● **REQUIREMENT**
In the entries below, find the line with "missing_record : ApprovalError" and the line with "unfoldable pub has_key". Reproduce those two lines and every line between them exactly, and nothing more.

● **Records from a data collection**
──────────────────────────────

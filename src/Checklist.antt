-- ===== src/Checklist.antt =====
-- The checklist of a task: its items, and the reasons that a step of praxis/core/orchestrator.py
-- leaves in them, in its errors and in the audit log. The text of a reason is kept as its parts.
use praxis_ai_agent_platform.Common.{ℕ, String, Option, List, nat_eq, string_eq}
use praxis_ai_agent_platform.Modes.{ExecutionMode}
use praxis_ai_agent_platform.Publication.{SkillStatus}

pub data Reason : Type 0 where
  -- a synthesized skill of other tenants only, and one that is not approved
  synthesized_elsewhere : (skill : String) → Reason
  not_approved : (skill : String) (statuses : List SkillStatus) → Reason
  -- a skill that is not registered, with what its synthesis raised
  not_registered : (skill : String) → Reason
  synthesis_failed : (skill error : String) → Reason
  reported : (error : String) → Reason
  simulated : ExecutionMode → Reason
  not_permitted : (index : ℕ) (skill : String) (mode : ExecutionMode) → Reason
  rejected_by_operator : Reason
  rejected : (index : ℕ) (skill : String) → Reason
  run_failed : (index : ℕ) (skill error : String) → Reason
  joined_failed : (index : ℕ) (skill error : String) → Reason
  step_failed : (index : ℕ) (why : Reason) → Reason

pub record ChecklistItem : Type 0 where
  pub content : String
  pub status : String
  pub reason : Option Reason
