-- ===== src/Approval.antt =====
-- praxis/security/approval.py: approvals bound to an approver, a tenant, an action with its
-- arguments and a window of time; and the one use of them, _await_approval of
-- praxis/core/orchestrator.py. The table is a list with the newest row first, which is the order
-- of created_at. A time is a number of seconds.
pub mod Laws
pub mod Decisions
mod Tests
use praxis_ai_agent_platform.Common.{
  ℕ, ◌+◌, String, Bool, true, false, ◌&&◌, Option, none, some, List, [], ◌∷◌, leb, if◌then◌else◌,
  ◌==◌, nat_eq, string_eq, is_some, modify, find_first, update_first, Result, ok, err, ◌>>=◌,
}
use praxis_ai_agent_platform.Checklist.{ChecklistItem}

-- The two digests, which hashlib and json make: of a skill with its arguments, and of a task, a step
-- and the first digest.
pub record Digests (Args : Type 0) : Type 0 where
  pub compute_action_hash : String → Args → String
  pub compute_idempotency_key : String → ℕ → String → String

pub record ApprovalRequest (Args : Type 0) : Type 0 where
  pub task_id : String
  pub step_index : ℕ
  pub skill_name : String
  pub args : Args

-- A row. The text of an action is the skill's name and the step.
pub record ApprovalRecord : Type 0 where
  pub tenant_id : String
  pub task_id : String
  pub step_index : ℕ
  pub action : String × ℕ
  pub action_hash : String
  pub idempotency_key : String
  pub approver_user_id : Option String
  pub approved : Option Bool
  pub expires_at : ℕ
  pub decided_at : Option ℕ

abbrev pub Table : Type 0
Table = List ApprovalRecord

-- `KeyError`, `ApprovalExpiredError` and `ApprovalBindingError`
pub data ApprovalError : Type 0 where
  missing_record : ApprovalError
  expired : (expired_at : ℕ) → ApprovalError
  binding : (expected_hash actual_hash : String) → ApprovalError

-- the `where` clauses of the three queries
unfoldable pub has_key : String → ApprovalRecord → Bool
has_key key r = r.idempotency_key == key

unfoldable pub is_for_step : String → ℕ → ApprovalRecord → Bool
is_for_step task_id step_index r = r.task_id == task_id && r.step_index == step_index

unfoldable pub is_decidable : String → ℕ → String → ApprovalRecord → Bool
is_decidable task_id step_index tenant_id r =
    r.task_id == task_id && (r.step_index == step_index && r.tenant_id == tenant_id)

-- What an operator is asked: the kind, and the parts of the text of the question.
pub record PendingInput (Args : Type 0) : Type 0 where
  pub kind : String
  pub detail : ApprovalRequest Args

-- The columns of a task that a pause changes.
pub record TaskRow (Args : Type 0) : Type 0 where
  pub checklist : List ChecklistItem
  pub status : String
  pub pending_input : Option (PendingInput Args)

abbrev awaiting : ChecklistItem → ChecklistItem
awaiting item = record item { status = "awaiting_approval" }

-- the task as it pauses; an index past the checklist changes no item
unfoldable pub paused_task : {Args : Type 0} → ApprovalRequest Args → TaskRow Args → TaskRow Args
unfolding modify
paused_task request task = record {
  checklist = modify task.checklist request.step_index awaiting;
  status = "awaiting_approval";
  pending_input = some (record { kind = "approval"; detail = request });
}

-- What a run of the approval step leaves: its answer or exception, the table, the task and what was
-- published of it.
pub record Resumed (Args : Type 0) : Type 0 where
  pub answer : Result ApprovalError Bool
  pub table : Table
  pub task : Option (TaskRow Args)
  pub published : List (TaskRow Args)

module _ {Args : Type 0} (h : Digests Args) where
  abbrev pub hash_of : ApprovalRequest Args → String
  hash_of request = h.compute_action_hash request.skill_name request.args

  abbrev pub key_of : ApprovalRequest Args → String
  key_of request = h.compute_idempotency_key request.task_id request.step_index (hash_of request)

  unfoldable pub pending : ApprovalRequest Args → String → ℕ → ℕ → ApprovalRecord
  pending request tenant_id ttl_seconds now = record {
    tenant_id = tenant_id;
    task_id = request.task_id;
    step_index = request.step_index;
    action = (request.skill_name, request.step_index);
    action_hash = hash_of request;
    idempotency_key = key_of request;
    approver_user_id = none;
    approved = none;
    expires_at = now + ttl_seconds;
    decided_at = none;
  }

  -- `if existing is not None: return existing`, else the new row is added
  abbrev pub existing_or_new :
      Option ApprovalRecord → ApprovalRecord → Table → ApprovalRecord × Table
  existing_or_new (some existing) new db = (existing, db)
  existing_or_new none new db = (new, new ∷ db)

  -- `create_pending_approval`
  unfoldable pub create_pending_approval :
      ApprovalRequest Args → String → ℕ → ℕ → Table → ApprovalRecord × Table
  unfolding pending has_key
  create_pending_approval request tenant_id ttl_seconds now db =
      existing_or_new (find_first (has_key (key_of request)) db)
        (pending request tenant_id ttl_seconds now) db

  abbrev pub bound_to : String → ApprovalRecord → Result ApprovalError ApprovalRecord
  bound_to actual_hash r =
      if r.action_hash == actual_hash then ok r else err (binding r.action_hash actual_hash)

  abbrev pub bound_record : String → Option ApprovalRecord → Result ApprovalError ApprovalRecord
  bound_record actual_hash none = err missing_record
  bound_record actual_hash (some r) = bound_to actual_hash r

  -- `verify_approval_binding`
  unfoldable pub verify_approval_binding :
      String → ℕ → String → Args → Table → Result ApprovalError ApprovalRecord
  unfolding is_for_step
  verify_approval_binding task_id step_index skill_name args db =
      bound_record (h.compute_action_hash skill_name args)
        (find_first (is_for_step task_id step_index) db)

  abbrev check_if : Bool → ApprovalRequest Args → Table → Result ApprovalError Bool
  check_if false request db = ok false
  check_if true request db =
      verify_approval_binding request.task_id request.step_index request.skill_name request.args db
      >>= λ r. ok true

  -- `_publish_state` at the pause: the task as it then stands
  abbrev pub published_of : Option (TaskRow Args) → List (TaskRow Args)
  published_of none = []
  published_of (some task) = task ∷ []

  abbrev pub pause_for : ApprovalRequest Args → Option (TaskRow Args) → Option (TaskRow Args)
  pause_for request none = none
  pause_for request (some task) = some (paused_task request task)

  -- `Orchestrator._await_approval` as it runs again from its start on resume, with the approval row
  -- asked for anew and the task paused once more; the decision is what `interrupt` then returns.
  unfoldable pub await_approval :
      ApprovalRequest Args
      → String
      → ℕ
      → ℕ
      → (decision : Bool) → Table
      → Option (TaskRow Args)
      → Resumed Args
  unfolding create_pending_approval verify_approval_binding paused_task
  await_approval request tenant_id ttl_seconds now decision db task =
      let after = (create_pending_approval request tenant_id ttl_seconds now db).1 in
      record {
        answer = check_if decision request after;
        table = after;
        task = pause_for request task;
        published = published_of (pause_for request task);
      }

-- The fields of a row that a decision sets; the principal may have no user.
abbrev pub decide_record : Bool → Option String → ℕ → ApprovalRecord → ApprovalRecord
decide_record approved user_id now r = record r {
  approved = some approved;
  approver_user_id = user_id;
  decided_at = some now;
}

abbrev pub decide_found :
    Bool
    → Option String
    → ℕ
    → (ApprovalRecord → Bool)
    → Table
    → Option ApprovalRecord
    → Result ApprovalError (ApprovalRecord × Table)
decide_found approved user_id now p db none = err missing_record
decide_found approved user_id now p db (some r) =
    if is_some r.decided_at
    then ok (r, db)
    else if leb r.expires_at now
    then err (expired r.expires_at)
    else ok (
      decide_record approved user_id now r,
      update_first p (decide_record approved user_id now) db,
    )

-- `decide_approval`
unfoldable pub decide_approval :
    String
    → ℕ
    → Bool
    → (tenant_id : String) → (user_id : Option String) → ℕ
    → Table
    → Result ApprovalError (ApprovalRecord × Table)
unfolding is_decidable
decide_approval task_id step_index approved tenant_id user_id now db =
    let p = is_decidable task_id step_index tenant_id in
    decide_found approved user_id now p db (find_first p db)
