-- ===== src/Approval/Decisions.antt =====
-- The decision on a pending approval.
use praxis_ai_agent_platform.Common.{
  ℕ, ◌≤◌, ◌<◌, String, ◌≡◌, refl, sym, ap, ◌∙◌, inl, inr, Bool, true, false, Option, none, some,
  List, [], ◌∷◌, arith, leb, nat_eq, string_eq, Bool-cases, Option-cases, is_some, map_option,
  find_first, update_first, find_first-update_first, Result, ok, err, ok_injective,
}
use praxis_ai_agent_platform.Approval.{
  ApprovalRecord, Table, ApprovalError, missing_record, expired, is_decidable, decide_record,
  decide_approval,
}

module _ (task_id : String) (step_index : ℕ) (tenant_id : String) where
  decide_record-decidable :
      (approved : Bool) (user_id : Option String) (now : ℕ) (r : ApprovalRecord)
      → is_decidable task_id step_index tenant_id (decide_record approved user_id now r)
        ≡ is_decidable task_id step_index tenant_id r
  unfolding is_decidable
  decide_record-decidable approved user_id now r = refl

  -- What decide_approval does with the newest row of the step in the principal's tenant: none is an
  -- error; one that is decided is returned, and the table kept; one whose window has closed is an
  -- error; any other takes the decision, the approver and the time, in the answer and in the table.
  pub decide_approval_cases :
      (approved : Bool) (user_id : Option String) (now : ℕ) (db : Table)
      → let p = is_decidable task_id step_index tenant_id in
        let answer = decide_approval task_id step_index approved tenant_id user_id now db in
        (find_first p db ≡ none → answer ≡ err missing_record)
        × ((r : ApprovalRecord)
            → find_first p db ≡ some r
            → (is_some r.decided_at ≡ true → answer ≡ ok (r, db))
              × (is_some r.decided_at ≡ false
                  → r.expires_at ≤ now
                  → answer ≡ err (expired r.expires_at))
              × (is_some r.decided_at ≡ false
                  → now < r.expires_at
                  → (t : Table) × (answer ≡ ok (decide_record approved user_id now r, t))
                    × (find_first p t ≡ some (decide_record approved user_id now r))))
  unfolding decide_approval
  decide_approval_cases approved user_id now db =
      let p = is_decidable task_id step_index tenant_id in
      let stored =
        find_first-update_first p (decide_record approved user_id now) db
          (decide_record-decidable approved user_id now) in
      (
        (λ gone. rw gone),
        (λ r found. (
          (λ decided. rw (found, decided)),
          (λ undecided late. rw (found, undecided) (ground arith)),
          (λ undecided early.
              let soon : leb r.expires_at now ≡ false = ground arith in
              (
                update_first p (decide_record approved user_id now) db,
                rw (found, undecided, soon),
                stored ∙ ap (map_option (decide_record approved user_id now)) found,
              )),
        )),
      )

  decided_stays :
      (approved : Bool) (user_id : Option String) (now : ℕ) (db t : Table) (r : ApprovalRecord)
      → decide_approval task_id step_index approved tenant_id user_id now db ≡ ok (r, t)
      → (find_first (is_decidable task_id step_index tenant_id) t ≡ some r)
        × (is_some r.decided_at ≡ true)
  unfolding decide_approval
  decided_stays approved user_id now db t r done =
      let p = is_decidable task_id step_index tenant_id in
      let f = decide_record approved user_id now in
      let stored = find_first-update_first p f db (decide_record-decidable approved user_id now) in
      elim (Option-cases (find_first p db)) [
        | inl gone ↦
            let no : ◌≡◌ {A = Result ApprovalError (ApprovalRecord × Table)} (err missing_record)
                (ok (r, t)) =
              rw gone at done in
            cc
        | inr (q, found) ↦ elim (Bool-cases (is_some q.decided_at)) [
          | inl decided ↦
              let same : ◌≡◌ {A = ApprovalRecord × Table} (q, db) (r, t) =
                ok_injective (rw (found, decided) at done) in
              let row : q ≡ r = ap (λ (v : ApprovalRecord × Table). v.0) same in
              let kept : db ≡ t = ap (λ (v : ApprovalRecord × Table). v.1) same in
              (
                ap (find_first p) (sym kept) ∙ found ∙ ap some row,
                ap (λ (v : ApprovalRecord). is_some v.decided_at) (sym row) ∙ decided,
              )
          | inr undecided ↦ elim (Bool-cases (leb q.expires_at now)) [
            | inl late ↦
                let no : ◌≡◌ {A = Result ApprovalError (ApprovalRecord × Table)}
                    (err (expired q.expires_at)) (ok (r, t)) =
                  rw (found, undecided, late) at done in
                cc
            | inr early ↦
                let same : ◌≡◌ {A = ApprovalRecord × Table} (f q, update_first p f db) (r, t) =
                  ok_injective (rw (found, undecided, early) at done) in
                let row : f q ≡ r = ap (λ (v : ApprovalRecord × Table). v.0) same in
                let kept : update_first p f db ≡ t =
                  ap (λ (v : ApprovalRecord × Table). v.1) same in
                (
                  ap (find_first p) (sym kept) ∙ stored ∙ ap (map_option f) found ∙ ap some row,
                  ap (λ (v : ApprovalRecord). is_some v.decided_at) (sym row),
                )
          ]
        ]
      ]

-- A later decision, on any step of any tenant; it leaves the table, also where it raises.
pub record Decision : Type 0 where
  pub task_id : String
  pub step_index : ℕ
  pub tenant_id : String
  pub approved : Bool
  pub user_id : Option String
  pub now : ℕ

abbrev pub table_of : Table → Result ApprovalError (ApprovalRecord × Table) → Table
table_of db (ok answer) = answer.1
table_of db (err e) = db

unfoldable pub decide_all : List Decision → Table → Table
unfolding decide_approval
decide_all [] db = db
decide_all (d ∷ ds) db =
    decide_all ds (
      table_of db
        (decide_approval d.task_id d.step_index d.approved d.tenant_id d.user_id d.now db))

-- A row that is decided stays the first of its step where the first row of some step is decided.
first_stays :
    (p q : ApprovalRecord → Bool) (f : ApprovalRecord → ApprovalRecord) (db : Table)
    (r r' : ApprovalRecord)
    → ((x : ApprovalRecord) → p (f x) ≡ p x)
    → find_first p db ≡ some r
    → find_first q db ≡ some r'
    → is_some r.decided_at ≡ true
    → is_some r'.decided_at ≡ false
    → find_first p (update_first q f db) ≡ some r
first_stays p q f [] r r' same found found' decided undecided = cc
first_stays p q f (x ∷ db) r r' same found found' decided undecided = elim (Bool-cases (q x)) [
  | inl hit ↦
      let this : x ≡ r' = (let both : some x ≡ some r' = rw hit at found' in cc) in
      elim (Bool-cases (p x)) [
        | inl met ↦ let that : x ≡ r = (let both : some x ≡ some r = rw met at found in cc) in cc
        | inr apart ↦
            let rest : find_first p db ≡ some r = rw apart at found in
            let moved : p (f x) ≡ false = same x ∙ apart in rw (hit, moved) rest
      ]
  | inr miss ↦
      let next : find_first q db ≡ some r' = rw miss at found' in
      elim (Bool-cases (p x)) [
        | inl met ↦ let that : some x ≡ some r = rw met at found in rw (miss, met) that
        | inr apart ↦
            let rest : find_first p db ≡ some r = rw apart at found in
            rw (miss, apart) (first_stays p q f db r r' same rest next decided undecided)
      ]
]

module _ (task_id : String) (step_index : ℕ) (tenant_id : String) where
  decision_keeps :
      (d : Decision) (db : Table) (r : ApprovalRecord)
      → find_first (is_decidable task_id step_index tenant_id) db ≡ some r
      → is_some r.decided_at ≡ true
      → find_first (is_decidable task_id step_index tenant_id) (
          table_of db
            (decide_approval d.task_id d.step_index d.approved d.tenant_id d.user_id d.now db))
        ≡ some r
  unfolding decide_approval
  decision_keeps d db r found decided =
      let q = is_decidable d.task_id d.step_index d.tenant_id in
      elim (Option-cases (find_first q db)) [
        | inl gone ↦ rw gone found
        | inr (r', found') ↦ elim (Bool-cases (is_some r'.decided_at)) [
          | inl over ↦ rw (found', over) found
          | inr undecided ↦ elim (Bool-cases (leb r'.expires_at d.now)) [
            | inl late ↦ rw (found', undecided, late) found
            | inr early ↦
                rw (found', undecided, early)
                  (first_stays (is_decidable task_id step_index tenant_id) q
                    (decide_record d.approved d.user_id d.now) db r r'
                    (decide_record-decidable task_id step_index tenant_id d.approved d.user_id
                      d.now)
                    found found' decided undecided)
          ]
        ]
      ]

  decisions_keep :
      (ds : List Decision) (db : Table) (r : ApprovalRecord)
      → find_first (is_decidable task_id step_index tenant_id) db ≡ some r
      → is_some r.decided_at ≡ true
      → find_first (is_decidable task_id step_index tenant_id) (decide_all ds db) ≡ some r
  unfolding decide_all
  decisions_keep [] db r found decided = found
  decisions_keep (d ∷ ds) db r found decided =
      decisions_keep ds _ r (decision_keeps d db r found decided) decided

  -- A decision is final as long as no new row is added for the step: after one has been returned, and
  -- after any later decisions on any steps, in any tenants, by any users and at any times, a decision
  -- on the step in that tenant returns the same row and leaves the table as it is.
  pub decision_is_final :
      (approved approved' : Bool) (user_id user_id' : Option String) (now now' : ℕ) (db t : Table)
      (r : ApprovalRecord) (ds : List Decision)
      → decide_approval task_id step_index approved tenant_id user_id now db ≡ ok (r, t)
      → decide_approval task_id step_index approved' tenant_id user_id' now' (decide_all ds t)
        ≡ ok (r, decide_all ds t)
  decision_is_final approved approved' user_id user_id' now now' db t r ds done =
      let (found, decided) =
        decided_stays task_id step_index tenant_id approved user_id now db t r done in
      let still = decisions_keep ds t r found decided in
      ((decide_approval_cases task_id step_index tenant_id approved' user_id' now'
            (decide_all ds t)).1
          r still).0
        decided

──────────────────────────────

● **OUTPUT BELOW**
  missing_record : ApprovalError
  expired : (expired_at : ℕ) → ApprovalError
  binding : (expected_hash actual_hash : String) → ApprovalError

-- the `where` clauses of the three queries
unfoldable pub has_key : String → ApprovalRecord → Bool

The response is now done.